The visions of Grab, like those of Medjugorje, have certain traits in common. In both, the visionaries were children. In Medjugorje, two girls were the favoured ones. In Grab, it was two boys. The time was January; the place, an abandoned house; the boys' occupation, the biblically appropriate job of tending sheep.

"We heard some noise and a little cloud of fog appeared," said Ivan Grbavac, aged nine. "On the shutter on the window, we saw a head." They ran away screaming, after which Ivan's mother came out to see what was going on. "It was Him on the window - Jesus Christ - and I crossed myself," says Desanka Grbavac.

Not much of a vision, some might say, to draw multitudes. But the chemistry of shrines is mysterious. There are thousands of visions of God, the Virgin, Christ or his Saints each year - but only some gain the critical momentum in terms of visitors and miracles to develop into working shrines. If Grab does "take off", with Medjugorje, this barren portion of Bosnian Croat land, west of Mostar, would prac- tically have established itself as the apparition centre in Europe.

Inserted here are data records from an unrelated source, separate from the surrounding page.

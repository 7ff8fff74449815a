-- ===== src/Tunnel/Session/Calls.antt =====
-- The receive credit of the connection: what the calls of a stream do to it.
use tuzy.Shared.{
  ℕ, ◌+◌, ◌/◌, ◌%◌, ◌≤◌, ◌<◌, ◌^◌, ◌≡◌, refl, ◌∙◌, List, [], ◌∷◌, ◌++◌, All, arith, ◌==◌,
  if◌then◌else◌,
}
use tuzy.Protocol.{conn_window, stream_window}
use tuzy.Tunnel.Calls.{
  Call, grants, flushes, sends_ctrl, sends_data, CtrlFrame, window_frame, returned,
}
use tuzy.Tunnel.Session.{Session, send_ctrl, grant_conn, flush_conn, perform}

-- The connection credit in the frames of the queue `ctrl`.
abbrev pub conn_credit_of : CtrlFrame → ℕ
conn_credit_of (window_frame id n) = if id == 0 then n else 0
conn_credit_of _ = 0

abbrev pub granted : List CtrlFrame → ℕ
granted [] = 0
granted (f ∷ fs) = conn_credit_of f + granted fs

pub granted-snoc :
    (fs : List CtrlFrame) (f : CtrlFrame) → granted (fs ++ f ∷ []) ≡ granted fs + conn_credit_of f
granted-snoc [] f = omega arith
granted-snoc (g ∷ fs) f = omega (arith, granted-snoc fs f)

-- Credit granted and not yet granted.
abbrev pub settled_credit : Session → ℕ
settled_credit s = granted s.ctrl + s.conn_ungranted

-- Less than a quarter of the window waits.
abbrev pub IsCoalesced : Session → Type 0
IsCoalesced s = s.conn_ungranted < conn_window / 4

-- A call that returns at most a stream's window, and sends no credit on stream 0 itself.
abbrev pub IsOrdinary : Call → Type 0
IsOrdinary (grants n) = n ≤ stream_window
IsOrdinary (sends_ctrl f) = conn_credit_of f ≡ 0
IsOrdinary _ = Unit {0}

-- From s to s' the connection was credited n bytes.
pub record Credits (n : ℕ) (s s' : Session) : Type 0 where
  pub credited : settled_credit s' ≡ settled_credit s + n
  pub coalesced : IsCoalesced s'
  pub same_handlers : s'.handlers ≡ s.handlers
  pub same_seen : s'.max_seen ≡ s.max_seen

pub grant_conn-Credits :
    (n : ℕ) (s : Session) → n ≤ stream_window → IsCoalesced s → Credits n s (grant_conn n s)
unfolding grant_conn
grant_conn-Credits n s h c =
    ground (arith, granted-snoc s.ctrl (window_frame 0 ((s.conn_ungranted + n) % 2 ^ 32)))

pub flush_conn-Credits : (s : Session) → IsCoalesced s → Credits 0 s (flush_conn s)
unfolding flush_conn
flush_conn-Credits s c =
    ground (arith, granted-snoc s.ctrl (window_frame 0 (s.conn_ungranted % 2 ^ 32)))

Credits-trans : (m n : ℕ) (s t u : Session) → Credits m s t → Credits n t u → Credits (m + n) s u
Credits-trans m n s t u a b = record {
  credited = omega (arith, a.credited, b.credited);
  coalesced = b.coalesced;
  same_handlers = b.same_handlers ∙ a.same_handlers;
  same_seen = b.same_seen ∙ a.same_seen;
}

Credits-none : (n : ℕ) (s t u : Session) → Credits 0 s t → Credits n t u → Credits n s u
Credits-none n s t u a b = record {
  credited = omega (arith, a.credited, b.credited);
  coalesced = b.coalesced;
  same_handlers = b.same_handlers ∙ a.same_handlers;
  same_seen = b.same_seen ∙ a.same_seen;
}

pub send_ctrl-Credits :
    (f : CtrlFrame) (s : Session)
    → conn_credit_of f ≡ 0
    → IsCoalesced s
    → Credits 0 s (send_ctrl f s)
unfolding send_ctrl
send_ctrl-Credits f s z c = record {
  credited = omega (arith, granted-snoc s.ctrl f);
  coalesced = c;
  same_handlers = refl;
  same_seen = refl;
}

pub perform-Credits :
    (cs : List Call) (s : Session)
    → All IsOrdinary cs
    → IsCoalesced s
    → Credits (returned cs) s (perform cs s)
unfolding perform
perform-Credits [] s o c = record {
  credited = omega arith;
  coalesced = c;
  same_handlers = refl;
  same_seen = refl;
}
perform-Credits (grants n ∷ cs) s o c =
    let a = grant_conn-Credits n s o.0 c in
    Credits-trans n (returned cs) s (grant_conn n s) _ a
      (perform-Credits cs (grant_conn n s) o.1 a.coalesced)
perform-Credits (flushes ∷ cs) s o c =
    let a = flush_conn-Credits s c in
    Credits-none (returned cs) s (flush_conn s) _ a
      (perform-Credits cs (flush_conn s) o.1 a.coalesced)
perform-Credits (sends_ctrl f ∷ cs) s o c =
    let a = send_ctrl-Credits f s o.0 c in
    Credits-none (returned cs) s (send_ctrl f s) _ a
      (perform-Credits cs (send_ctrl f s) o.1 a.coalesced)
perform-Credits (sends_data f ∷ cs) s o c =
    let s' : Session = record s { data_frames = s.data_frames ++ f ∷ [] } in
    let b = perform-Credits cs s' o.1 c in
    record {
      credited = b.credited;
      coalesced = b.coalesced;
      same_handlers = b.same_handlers;
      same_seen = b.same_seen;
    }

Thus far, the omens are good. A trickle of visitors in January has grown into thousands. And some of those standing round the ruined house - now bedecked in messages, candles and pictures of Christ - have reported visions of their own. Will the Christ in the window of Grab - population 1,000 - do for this hamlet what the cult of Our Lady has achieved for Medjugorje? Not if Bosnia's Serbs and Muslims have anything to do with it. They sniffed at Medjugorje, harping on the fact the village lay in the heartland of the Ustashe, the violent fascists who ruled a Greater Croatia under Hitler's patronage.

But another, less obvious opponent may well be the Catholic Church itself, which has never looked kindly on Medjugorje. Thus far, Rome has withheld the official seal of approval that would elevate Medjugorje to the rank of Lourdes in France or Fatima in Portugal. One reason for hesitation is the unseemly row over the shrine's authenticity between Medjugorje's Franciscan friars and the local bishop. Bishop Zanic of Mostar, a noisy sceptic, has had to endure the galling spectacle of Medjugorje's rise to prominence and the partial destruction of his palace in the war. Neither his, nor Rome's, disapproval has dissuaded the crowds from Medjugorje. Nor will it, if the faithful so decide, at Grab.